Novel joint routing and scheduling algorithms for minimizing end-to-end delays in multi Tx-Rx wireless mesh networks

Abstract

Multiple transmit (Tx) or receive (Rx) capability is a significant advance in wireless communications. This so called MTR capability allows the creation of wireless mesh networks (WMNs) that are ideal for use as a high-speed wireless backbone that spans vast geographical areas. A fundamental problem, however, is deriving a minimal transmission schedule or superframe that yields low end-to-end delays, with the primary constraint that routers are not allowed to Tx and Rx simultaneously. In this paper, we consider a joint routing and link scheduling approach that addresses two fundamental issues that influence end-to-end delays: superframe length and transmission slot order.

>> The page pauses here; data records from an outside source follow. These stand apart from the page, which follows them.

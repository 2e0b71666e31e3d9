-- ===== src/Encoder/Losses/Iteration.antt =====
-- SiameseEncoder.cpp: the losses that the iterator gives, range after range.
use tonk.Common.{
  ℕ, zero, suc, ◌+◌, ◌≡◌, refl, ap, ◌∙◌, List, [], ◌∷◌, ◌++◌, length, replicate, arith,
  length-append, All, sym,
}
use mathlib.Core.List.{map-append}
use tonk.Columns.{add_columns}
use tonk.Encoder.Losses.{
  LossIterator, decode_next_range, restart_loss_iterator, all_losses, padding_bytes,
}
use tonk.Encoder.Losses.Ranges.{
  LossRange, Fits, range_bytes, interval, range_elements, columns_from, Before, decoded,
  decoded-Before, decode_next_range-end,
}
use tonk.Encoder.Losses.Turns.{
  sited, all_losses-range, all_losses-end, decode_next_range-sited, all_losses-next,
}

length-interval : (first n : ℕ) → length (interval first n) ≡ n
length-interval first zero = refl
length-interval first (suc n) = ap suc (length-interval (first + 1) n)

-- The losses that are left of the range at hand, and the elements after it.
all_losses-current :
    (n more start first : ℕ) (losses : LossIterator) (elements : List ℕ)
    → all_losses (length elements + suc more) (sited losses (add_columns (first + n) start) 0)
      ≡ columns_from start elements
    → all_losses
        (length (interval first n ++ elements) + suc more)
        (sited losses (add_columns first start) n)
      ≡ columns_from start (interval first n ++ elements)
all_losses-current n more start first losses elements h =
    ap (λ (fuel : ℕ). all_losses fuel (sited losses (add_columns first start) n))
      {y = n + (length elements + suc more)}
      (omega (arith, length-append (interval first n) elements, length-interval first n))
    ∙ (all_losses-range n (length elements + suc more) start first losses
        ∙ (ap (λ rest. columns_from start (interval first n) ++ rest) h
            ∙ sym (map-append (λ element. add_columns element start) (interval first n) elements)))

-- The ranges that are left, when the one before them is through at the element before `next`.
all_losses-ranges :
    (more start offset next : ℕ) (losses : LossIterator) (ranges : List LossRange)
    → next ≡ offset + 1
    → All Fits ranges
    → Before losses (range_bytes ranges)
    → all_losses
        (length (range_elements next ranges) + suc more)
        (sited losses (add_columns offset start) 0)
      ≡ columns_from start (range_elements next ranges)
all_losses-ranges more start offset next losses [] e fits h =
    ap (λ (fuel : ℕ). all_losses fuel (sited losses (add_columns offset start) 0)) {y = suc more}
      (omega arith)
    ∙ all_losses-end more (add_columns offset start) losses h
all_losses-ranges more start offset next losses (range ∷ ranges) e (fit, fits) h =
    let first = next + range.relative_start in
    let n = suc range.loss_count_m1 in
    let rest = range_elements (first + range.loss_count_m1 + 2) ranges in
    let after =
      all_losses-ranges more start (first + n) (first + range.loss_count_m1 + 2)
        (decoded losses range) ranges (omega arith) fits
        (decoded-Before losses range (range_bytes ranges) h) in
    let fuel = length (interval first n ++ rest) + more in
    ap (λ (k : ℕ). all_losses k (sited losses (add_columns offset start) 0)) {y = suc fuel}
      (omega arith)
    ∙ (all_losses-next fuel start offset next losses range (range_bytes ranges) e fit h
        ∙ (ap (λ (k : ℕ). all_losses k (sited (decoded losses range) (add_columns first start) n))
              {x = suc fuel} {y = length (interval first n ++ rest) + suc more} (omega arith)
            ∙ all_losses-current n more start first (decoded losses range) rest after))

restart_loss_iterator-eq :
    (column : ℕ) (losses : LossIterator)
    → restart_loss_iterator column losses
      ≡ (decode_next_range (sited (record losses { offset = 0 }) column 0)).1
unfolding restart_loss_iterator
restart_loss_iterator-eq column losses = refl

reset-Before :
    (losses : LossIterator) (ranges : List LossRange)
    → losses.bytes ≡ range_bytes ranges
    → Before (record losses { offset = 0 }) (range_bytes ranges)
reset-Before losses ranges e =
    (omega (arith, ap length e), ap (λ bytes. bytes ++ replicate padding_bytes 0) e)

-- After a restart the loop over `GetNextLossColumn` gives the columns of the elements that the loss
-- ranges stand for, in their order, and ends after one turn more than there are elements. The ranges
-- fit their fields, the first one is relative to the next element that the receiver expects, and the
-- columns may roll over.
pub restart_loss_iterator-all_losses :
    (more start expected : ℕ) (losses : LossIterator) (ranges : List LossRange)
    → All Fits ranges
    → losses.bytes ≡ range_bytes ranges
    → all_losses
        (length (range_elements expected ranges) + suc more)
        (restart_loss_iterator (add_columns expected start) losses)
      ≡ columns_from start (range_elements expected ranges)
restart_loss_iterator-all_losses more start expected losses [] fits e =
    let column = add_columns expected start in
    let reset = record losses { offset = 0 } in
    let whole = reset-Before losses [] e in
    ap (λ (k : ℕ). all_losses k (restart_loss_iterator column losses)) {y = suc more} (omega arith)
    ∙ (ap (all_losses (suc more)) (
          restart_loss_iterator-eq column losses
          ∙ ap (λ next. next.1) (decode_next_range-end (sited reset column 0) whole))
        ∙ all_losses-end more column reset whole)
restart_loss_iterator-all_losses more start expected losses (range ∷ ranges) (fit, fits) e =
    let reset = record losses { offset = 0 } in
    let first = expected + range.relative_start in
    let n = suc range.loss_count_m1 in
    let rest = range_elements (first + range.loss_count_m1 + 2) ranges in
    let whole = reset-Before losses (range ∷ ranges) e in
    let after =
      all_losses-ranges more start (first + n) (first + range.loss_count_m1 + 2)
        (decoded reset range) ranges (omega arith) fits
        (decoded-Before reset range (range_bytes ranges) whole) in
    ap (all_losses (length (interval first n ++ rest) + suc more)) (
      restart_loss_iterator-eq (add_columns expected start) losses
      ∙ ap (λ next. next.1)
          (decode_next_range-sited start expected reset range (range_bytes ranges) fit whole))
    ∙ all_losses-current n more start first (decoded reset range) rest after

Shortening the superframe length, in terms of slots, is expected to minimize the inter-link activation time while reordering transmission slots increases the likelihood that links on a path are activated consecutively. We propose two algorithms. The first called JRS-Multi-DEC uses a novel metric to minimize the load of each link while the second, called JRS-BIP, uses a Binary Integer Program approach. Both algorithms aim to minimize the overall delay and use slot re-ordering on the resulting schedule to further reduce delay. Numerical results show both algorithms are able to reduce the average end-to-end delay by approximately 50% as compared to a non joint routing algorithm.